26. M. A…, auquel aucun délai de départ volontaire n’a été accordé, n’établit pas l’existence de circonstances humanitaires faisant obstacle au prononcé à son encontre d’une interdiction de retour sur le territoire français. Compte tenu de l’ensemble des éléments exposés ci-dessus relatifs à la situation personnelle de l’intéressé, qui a fait l’objet de deux précédentes mesures d’éloignement, édictées au cours des années 2016 et 2021, et qui ne dispose pas d’attaches familiales en France ainsi qu’il l’a déclaré lors de son audition par les services de gendarmerie le 28 mai 2025, le préfet des Bouches-du-Rhône a pu légalement prononcer à l’encontre de l’intéressé une interdiction de retour sur le territoire français pour une durée de deux ans, laquelle ne présente pas un caractère disproportionné.
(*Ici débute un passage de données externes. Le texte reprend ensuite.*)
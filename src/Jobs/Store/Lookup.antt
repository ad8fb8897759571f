-- ===== src/Jobs/Store/Lookup.antt =====
-- What a client reads back from the `jobs` table after each statement.
use mangarr_gateway.Prelude.{
  Bool, Bool-cases, String, [], any, arith, beq_refl, false, if◌then◌else◌, inl, inr, keep, map,
  none, refl, some, string_eq, subst, true, ◌&&◌, ◌++◌, ◌==◌, ◌∷◌, ◌≡◌,
}
use mangarr_gateway.Jobs.Model.{Job, is_live}
use mangarr_gateway.Jobs.Row.{Row, job_values, row_to_job, forget_projection}
use mangarr_gateway.Jobs.Store.{
  Table, ok, has_id, first_row, get, insert, update, delete, live_for, find_live_by_handle, err,
  integrity_error,
}
use mangarr_gateway.Jobs.Store.Valid.{write_over, insert_tests, update_tests}

first_row-none : (p : Row → Bool) (t : Table) → any p t ≡ false → first_row (keep p t) ≡ none
unfolding keep
first_row-none p [] e = refl
first_row-none p (x ∷ t) e = ground (arith, first_row-none p t)

pub first_row-some :
    (p : Row → Bool) (t : Table)
    → any p t ≡ true
    → (r : Row) × (first_row (keep p t) ≡ some (row_to_job r)) × (p r ≡ true)
unfolding keep
first_row-some p [] e = cc
first_row-some p (x ∷ t) e = elim (Bool-cases (p x)) [
  | inl q ↦ (x, rw q, q)
  | inr q ↦ let (r, f, g) = first_row-some p t (ground arith) in (r, rw q f, g)
]

-- A live handle is found, with a job that has it and is live.
pub find_live-some :
    (t : Table) (h : String)
    → any (live_for h) t ≡ true
    → (j : Job) × (find_live_by_handle t h ≡ some j)
      × (j.release_handle ≡ h)
      × (is_live j.status ≡ true)
unfolding find_live_by_handle row_to_job
find_live-some t h e =
    let (r, f, g) = first_row-some (live_for h) t e in
    (row_to_job r, f, (string_eq.beq_iff _ _).0 (ground arith), ground arith)

pub find_live-none :
    (t : Table) (h : String) → any (live_for h) t ≡ false → find_live_by_handle t h ≡ none
unfolding find_live_by_handle
find_live-none t h e = first_row-none (live_for h) t e

pub first_row-append :
    (p : Row → Bool) (t : Table) (r : Row)
    → any p t ≡ false
    → first_row (keep p (t ++ r ∷ [])) ≡ (if p r then some (row_to_job r) else none)
unfolding keep
first_row-append p [] r h = ground arith
first_row-append p (x ∷ t) r h = ground (arith, first_row-append p t r)

first_row-append_other :
    (p : Row → Bool) (t : Table) (r : Row)
    → p r ≡ false
    → first_row (keep p (t ++ r ∷ [])) ≡ first_row (keep p t)
unfolding keep
first_row-append_other p [] r h = ground arith
first_row-append_other p (x ∷ t) r h = ground (arith, first_row-append_other p t r h)

-- After an insert the new job is read back under its id, and every other id reads as before.
pub get-insert :
    (t t' : Table) (j : Job) (i : String)
    → insert t j ≡ ok t'
    → get t' i ≡ (if j.job_id == i then some (forget_projection j) else get t i)
unfolding get job_values row_to_job
get-insert t t' j i h =
    let (e, fresh, _) = insert_tests t t' j h in
    rw e (elim (Bool-cases (j.job_id == i)) [
      | inl p ↦
          let q =
            subst (λ k. any (has_id k) t ≡ false) ((string_eq.beq_iff j.job_id i).0 p) fresh in
          rw (first_row-append (has_id i) t (job_values j) q, p)
      | inr p ↦ rw (p, first_row-append_other (has_id i) t (job_values j) p)
    ])

get-write_over :
    (t : Table) (r : Row) (i : String)
    → get (map (write_over r) t) i
      ≡ (if r.job_id == i && any (has_id i) t then some (row_to_job r) else get t i)
unfolding get keep
get-write_over [] r i = ground arith
get-write_over (x ∷ t) r i = ground (
  arith,
  get-write_over t r i,
  string_eq.beq_iff r.job_id i,
  string_eq.beq_iff x.job_id r.job_id,
  string_eq.beq_iff x.job_id i,
)

-- After a successful update the job's id reads as the job less its fields that are no columns,
-- and every other id reads as before.
pub get-update :
    (t t' : Table) (j : Job) (i : String)
    → update t j ≡ ok t'
    → get t' i ≡ (if j.job_id == i then some (forget_projection j) else get t i)
unfolding job_values row_to_job
get-update t t' j i h =
    let (e, there, _) = update_tests t t' j h in
    rw (e, get-write_over t (job_values j) i)
      (elim (Bool-cases (j.job_id == i)) [
        | inl p ↦
            let q =
              subst (λ k. any (has_id k) t ≡ true) ((string_eq.beq_iff j.job_id i).0 p) there in
            rw (p, q)
        | inr p ↦ rw p
      ])

pub get-delete :
    (t : Table) (i k : String) → get (delete t i) k ≡ (if i == k then none else get t k)
unfolding get delete keep
get-delete [] i k = ground arith
get-delete (x ∷ t) i k = ground (
  arith,
  get-delete t i k,
  string_eq.beq_iff x.job_id i,
  string_eq.beq_iff x.job_id k,
  string_eq.beq_iff i k,
)

-- The job that an insert wrote, if it is live, is the one that its handle finds.
pub find_live-insert :
    (t t' : Table) (j : Job)
    → is_live j.status ≡ true
    → insert t j ≡ ok t'
    → find_live_by_handle t' j.release_handle ≡ some (forget_projection j)
unfolding find_live_by_handle job_values row_to_job
find_live-insert t t' j l h =
    let (e, _, alone) = insert_tests t t' j h in
    rw (e, first_row-append (live_for j.release_handle) t (job_values j) (alone l))
      (ground (arith, beq_refl j.release_handle))

-- A second live job under a handle is refused.
pub insert-live :
    (t : Table) (j : Job) (k : Job)
    → is_live j.status ≡ true
    → find_live_by_handle t j.release_handle ≡ some k
    → insert t j ≡ err integrity_error
unfolding insert job_values
insert-live t j k l f = elim (Bool-cases (any (live_for j.release_handle) t)) [
  | inl p ↦ ground arith
  | inr p ↦ absurd (cc (f, find_live-none t j.release_handle p))
]

-- A query that answers no job has met no row.
pub get-eq-none : (t : Table) (i : String) → get t i ≡ none → any (has_id i) t ≡ false
unfolding get
get-eq-none t i h = elim (Bool-cases (any (has_id i) t)) [
  | inl p ↦ let (r, f, _) = first_row-some (has_id i) t p in absurd (cc (f, h))
  | inr p ↦ p
]

pub find_live-eq-none :
    (t : Table) (h : String) → find_live_by_handle t h ≡ none → any (live_for h) t ≡ false
find_live-eq-none t h e = elim (Bool-cases (any (live_for h) t)) [
  | inl p ↦ let (j, f, _, _) = find_live-some t h p in absurd (cc (f, e))
  | inr p ↦ p
]

-- An insert succeeds where the id is new and the handle has no live job.
pub insert-ok :
    (t : Table) (j : Job)
    → get t j.job_id ≡ none
    → find_live_by_handle t j.release_handle ≡ none
    → insert t j ≡ ok (t ++ job_values j ∷ [])
unfolding insert job_values
insert-ok t j g f = ground (arith, get-eq-none t j.job_id g, find_live-eq-none t j.release_handle f)
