-- ===== src/Jobs/Store/Owned.antt =====
-- The table as a running job needs it: valid, with the job's row live under its handle. Then an
-- update of the job succeeds.
use mangarr_gateway.Prelude.{
  String, [], any, any-eq-false, any-le, arith, beq_refl, count-pos, count-split, false, map, not,
  some, string_eq, true, ◌&&◌, ◌∙◌, ◌∷◌, ◌≡◌,
}
use mangarr_gateway.Jobs.Model.{Job, is_live}
use mangarr_gateway.Jobs.Row.{Row, job_values, forget_projection}
use mangarr_gateway.Jobs.Store.{Table, ok, has_id, live_for, update}
use mangarr_gateway.Jobs.Store
use mangarr_gateway.Jobs.Store.Valid.{IsValid, write_over, update-IsValid}
use mangarr_gateway.Jobs.Store.Lookup.{get-update}

pub record Owned (i h : String) (t : Table) : Type 0 where
  pub valid : IsValid t
  pub present : any (λ r. live_for h r && has_id i r) t ≡ true

alone :
    (i h : String) (t : Table) → Owned i h t → any (λ r. live_for h r && not (has_id i r)) t ≡ false
alone i h t o =
    any-eq-false (λ r. live_for h r && not (has_id i r)) t
      (omega (
        arith,
        count-split (live_for h) (has_id i) t,
        count-pos (λ r. live_for h r && has_id i r) t o.present,
        o.valid.live h,
      ))

present-write_over :
    (r : Row) (h : String) (t : Table)
    → live_for h r ≡ true
    → any (has_id r.job_id) t ≡ true
    → any (λ x. live_for h x && has_id r.job_id x) (map (write_over r) t) ≡ true
present-write_over r h [] l e = cc
present-write_over r h (x ∷ t) l e = ground (arith, beq_refl r.job_id, present-write_over r h t l)

updated : Table → Job → Table
unfolding job_values
updated t j = map (write_over (job_values j)) t

update-updated :
    (t : Table) (j : Job) → Owned j.job_id j.release_handle t → update t j ≡ ok (updated t j)
unfolding update updated job_values
update-updated t j o =
    let there =
      any-le (λ r. live_for j.release_handle r && has_id j.job_id r) (has_id j.job_id) t
        (λ x p. ground arith) o.present in
    ground (arith, there, alone j.job_id j.release_handle t o)

-- An update by the owner succeeds. It leaves a valid table, in which the job reads back, and the
-- job stays the owner while it is live.
pub update-Owned :
    (t : Table) (j : Job)
    → Owned j.job_id j.release_handle t
    → (t' : Table) × (update t j ≡ ok t')
      × IsValid t'
      × (Store.get t' j.job_id ≡ some (forget_projection j))
      × (is_live j.status ≡ true → Owned j.job_id j.release_handle t')
unfolding updated job_values
update-Owned t j o =
    let e = update-updated t j o in
    let v = update-IsValid t (updated t j) j o.valid e in
    let there =
      any-le (λ r. live_for j.release_handle r && has_id j.job_id r) (has_id j.job_id) t
        (λ x p. ground arith) o.present in
    (
      updated t j,
      e,
      v,
      get-update t (updated t j) j j.job_id e ∙ rw (beq_refl j.job_id),
      λ l. record {
        valid = v;
        present =
            present-write_over (job_values j) j.release_handle t
              (ground (arith, beq_refl j.release_handle)) there;
      },
    )
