-- ===== src/Jobs/Engine/Rules.antt =====
-- Postconditions of actions, for the value and for the exception.
use mangarr_gateway.Prelude.{refl, ◌≡◌}
use mangarr_gateway.Jobs.Engine.{Exception, Outcome, ok, raise, Run, ◌>>=◌, continue}

abbrev pub Post {ℓ} :
    {A : Type ℓ} → (A → Run → Type 0) → (Exception → Run → Type 0) → Outcome A × Run → Type 0
Post Q E (ok a, s) = Q a s
Post Q E (raise e, s) = E e s

-- An outcome of which nothing is known.
pub any-Post {ℓ} :
    {A : Type ℓ} (Q : A → Run → Type 0) (E : Exception → Run → Type 0) (r : Outcome A) (s : Run)
    → ((a : A) → Q a s)
    → ((e : Exception) → E e s)
    → Post Q E (r, s)
any-Post Q E (ok a) s h k = h a
any-Post Q E (raise e) s h k = k e

-- An outcome whose value is told by an equation.
pub known-Post {ℓ} :
    {A : Type ℓ} (Q : A → Run → Type 0) (E : Exception → Run → Type 0) (r : Outcome A) (s : Run)
    → ((a : A) → r ≡ ok a → Q a s)
    → ((e : Exception) → E e s)
    → Post Q E (r, s)
known-Post Q E (ok a) s h k = h a refl
known-Post Q E (raise e) s h k = k e

module _ {ℓ κ} {A : Type ℓ} {B : Type κ} where
  continue-Post :
      (Q : A → Run → Type 0) (R : B → Run → Type 0) (E : Exception → Run → Type 0) (r : Outcome A)
      (s : Run) (f : A → Run → Outcome B × Run)
      → Post Q E (r, s)
      → ((a : A) (t : Run) → Q a t → Post R E (f a t))
      → Post R E (continue r f s)
  continue-Post Q R E (ok a) s f h k = k a s h
  continue-Post Q R E (raise e) s f h k = h

  -- What follows a bind may use what its first action ensures.
  pub >>=-Post :
      (Q : A → Run → Type 0) (R : B → Run → Type 0) (E : Exception → Run → Type 0)
      (m : Run → Outcome A × Run) (f : A → Run → Outcome B × Run) (s : Run)
      → Post Q E (m s)
      → ((a : A) (t : Run) → Q a t → Post R E (f a t))
      → Post R E ((m >>= f) s)
  unfolding ◌>>=◌
  >>=-Post Q R E m f s h k = continue-Post Q R E (m s).0 (m s).1 f h k
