-- ===== src/Jobs/Engine/Progress.antt =====
-- What a pass over the pages leaves on the job.
use mangarr_gateway.Prelude.{
  All, Bool-cases, List, String, [], ap, arith, inl, inr, length, map, refl, some, suc, true, zero,
  ℕ, ◌+◌, ◌∙◌, ◌∷◌, ◌≡◌,
}
use mangarr_gateway.Jobs.Model.{Job}
use mangarr_gateway.Jobs.Engine.{
  Fetched, body, http_error, raises, Bytes, Page, Exception, Outcome, ok, raise, World,
}
use mangarr_gateway.Jobs.Engine.Pages.{
  check, results, progress, count_page, fetch_page, page_tasks, errors, arrivals, settled, settle,
}

-- The bytes of the pages.
abbrev pub total_size : List Page → ℕ
total_size [] = 0
total_size (p ∷ ps) = length p.1 + total_size ps

-- The fields of a job that its passes leave alone.
pub record SameJob (j k : Job) : Type 0 where
  pub id : k.job_id ≡ j.job_id
  pub handle : k.release_handle ≡ j.release_handle
  pub status : k.status ≡ j.status
  pub path : k.output_path ≡ j.output_path
  pub time : k.completed_at ≡ j.completed_at
  pub total : k.total_pages ≡ j.total_pages

pub SameJob-progress :
    (j : Job) (ts : List (ℕ × String × Outcome Bytes)) → SameJob j (progress j ts)
unfolding progress
SameJob-progress j [] = record {
  id = refl;
  handle = refl;
  status = refl;
  path = refl;
  time = refl;
  total = refl;
}
SameJob-progress j ((i, url, ok c) ∷ ts) =
    let s = SameJob-progress (count_page j c) ts in
    record {
      id = s.id;
      handle = s.handle;
      status = s.status;
      path = s.path;
      time = s.time;
      total = s.total;
    }
SameJob-progress j ((i, url, raise e) ∷ ts) = SameJob-progress j ts

-- The counters grow by the pages that are there and by their bytes.
pub progress_counts :
    (filename : String → String) (j : Job) (ts : List (ℕ × String × Outcome Bytes)) (n : ℕ)
    → j.downloaded_pages ≡ some n
    → ((progress j ts).downloaded_pages ≡ some (n + length (results filename ts)))
      × ((progress j ts).downloaded_bytes ≡ j.downloaded_bytes + total_size (results filename ts))
unfolding progress results
progress_counts filename j [] n h = (h ∙ ap some (omega arith), omega arith)
progress_counts filename j ((i, url, ok c) ∷ ts) n h =
    let s = progress_counts filename (count_page j c) ts (n + 1) (rw h) in
    (s.0 ∙ ap some (omega arith), s.1 ∙ omega arith)
progress_counts filename j ((i, url, raise e) ∷ ts) n h = progress_counts filename j ts n h

-- A page is taken only if it is an image.
pub check_image :
    (w : World) (again : Bytes → Outcome Bytes) (i : ℕ) (f : Fetched) (c : Bytes)
    → ((b : Bytes) → again b ≡ ok c → w.is_valid_image c ≡ true)
    → check w again i f ≡ ok c
    → w.is_valid_image c ≡ true
check_image w again i (body b) c h e = elim (Bool-cases (w.is_valid_image b)) [
  | inl v ↦ ground (arith, v)
  | inr v ↦ h b (ground (arith, v))
]
check_image w again i (http_error t) c h e = cc
check_image w again i (raises x) c h e = cc

pub fetch_page-image :
    (w : World) (n pass i : ℕ) (url : String) (a : ℕ) (c : Bytes)
    → fetch_page w n pass i url a ≡ ok c
    → w.is_valid_image c ≡ true
unfolding fetch_page
fetch_page-image w zero pass i url a c h = cc
fetch_page-image w (suc zero) pass i url a c h =
    check_image w _ i (w.page pass i url a) c (λ b e. cc) h
fetch_page-image w (suc (suc n)) pass i url a c h =
    check_image w _ i (w.page pass i url a) c
      (λ b e. fetch_page-image w (suc n) pass i url (suc a) c e) h

abbrev pub AreImages : World → List Page → Type 0
AreImages w = All (λ p. w.is_valid_image p.1 ≡ true)

abbrev Sound : World → List (ℕ × String × Outcome Bytes) → Type 0
Sound w = All (λ t. (c : Bytes) → t.2 ≡ ok c → w.is_valid_image c ≡ true)

Sound-page_tasks :
    (w : World) (pass i : ℕ) (urls : List String) → Sound w (page_tasks w pass i urls)
unfolding page_tasks
Sound-page_tasks w pass i [] = tt
Sound-page_tasks w pass i (url ∷ urls) = (
  λ c h. fetch_page-image w w.validate_attempts pass i url 0 c h,
  Sound-page_tasks w pass (suc i) urls,
)

-- The source has answered these URLs to a request for a manifest.
abbrev pub Given : World → List String → Type 0
Given w urls = (n : ℕ) × (chapter : String) × (w.manifest n chapter ≡ ok urls)

-- The pages are those of a whole manifest that the source gave: one for each of its URLs, in order.
pub record Whole (w : World) (pages : List Page) : Type 0 where
  pub images : AreImages w pages
  pub urls : List String
  pub given : Given w urls
  pub names : map (λ p. p.0) pages ≡ map w.page_filename urls

AreImages-results :
    (w : World) (filename : String → String) (ts : List (ℕ × String × Outcome Bytes))
    → Sound w ts
    → AreImages w (results filename ts)
unfolding results
AreImages-results w filename [] h = tt
AreImages-results w filename ((i, url, ok c) ∷ ts) h =
    (h.0 c refl, AreImages-results w filename ts h.1)
AreImages-results w filename ((i, url, raise e) ∷ ts) h = AreImages-results w filename ts h.1

results-names :
    (filename : String → String) (ts : List (ℕ × String × Outcome Bytes))
    → errors ts ≡ []
    → map (λ p. p.0) (results filename ts) ≡ map (λ t. filename t.1) ts
unfolding results errors
results-names filename [] h = refl
results-names filename ((i, url, ok c) ∷ ts) h =
    ap (λ l. filename url ∷ l) (results-names filename ts h)
results-names filename ((i, url, raise e) ∷ ts) h = cc

names-page_tasks :
    (w : World) (pass i : ℕ) (urls : List String)
    → map (λ t. w.page_filename t.1) (page_tasks w pass i urls) ≡ map w.page_filename urls
unfolding page_tasks
names-page_tasks w pass i [] = refl
names-page_tasks w pass i (url ∷ urls) =
    ap (λ l. w.page_filename url ∷ l) (names-page_tasks w pass (suc i) urls)

-- A task group without an exception has run all its tasks.
settled_all :
    (done : List ℕ) (ts : List (ℕ × String × Outcome Bytes)) (es : List Exception)
    → (settled done ts es).1 ≡ []
    → ((settled done ts es).0 ≡ ts) × (errors ts ≡ [])
settled_all done ts [] h = (refl, h)
settled_all done ts (e ∷ es) h = cc

pub pass-Whole :
    (w : World) (pass : ℕ) (done : List ℕ) (urls : List String)
    → Given w urls
    → (settle done (page_tasks w pass 0 urls)).1 ≡ []
    → Whole w (results w.page_filename (settle done (page_tasks w pass 0 urls)).0)
unfolding settle
pass-Whole w pass done urls given h =
    let ts = page_tasks w pass 0 urls in
    let (all, fine) = settled_all done ts (errors (arrivals done ts)) h in
    record {
      images = rw all (AreImages-results w w.page_filename ts (Sound-page_tasks w pass 0 urls));
      urls = urls;
      given = given;
      names = rw all (results-names w.page_filename ts fine ∙ names-page_tasks w pass 0 urls);
    }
Par ailleurs, le moyen, à le supposer invoqué, tiré de ce que cette décision d’interdiction de retour serait entachée d’une erreur manifeste d’appréciation au regard de ses conséquences sur la situation de M. A… ne peut qu’être écarté compte tenu de tout ce qui a été dit précédemment, notamment au point 6.
27. Il résulte de tout ce qui précède que les conclusions à fin d’annulation présentées par M. A… doivent être rejetées. Par voie de conséquence, ses conclusions présentées au titre de l’article L. 761-1 du code de justice administrative et de l’article 37 de la loi du 10 juillet 1991 relative à l’aide juridique doivent également être rejetées.
D É C I D E :
Article 1er : Il n’y a pas lieu de statuer sur les conclusions de M. A… à fin d’admission provisoire à l’aide juridictionnelle.
Article 2 : Le surplus des conclusions de la requête de M. A… est rejeté.
Article 3 : Le présent jugement sera notifié à M. B… A… et au préfet des Bouches-du-Rhône.
Délibéré après l’audience du 6 février 2026, à laquelle siégeaient :
M. Peretti, président,
M. Mouret, premier conseiller,
Mme Hoenen, conseillère.
Rendu public par mise à disposition au greffe le 20 février 2026.
Le rapporteur,
R. MOURETLe président,
P. PERETTI
Le greffier,
D. BERTHOD
La République mande et ordonne au préfet des Bouches-du-Rhône en ce qui le concerne ou à tous commissaires de justice à ce requis en ce qui concerne les voies de droit commun contre les parties privées, de pourvoir à l’exécution de la présente décision.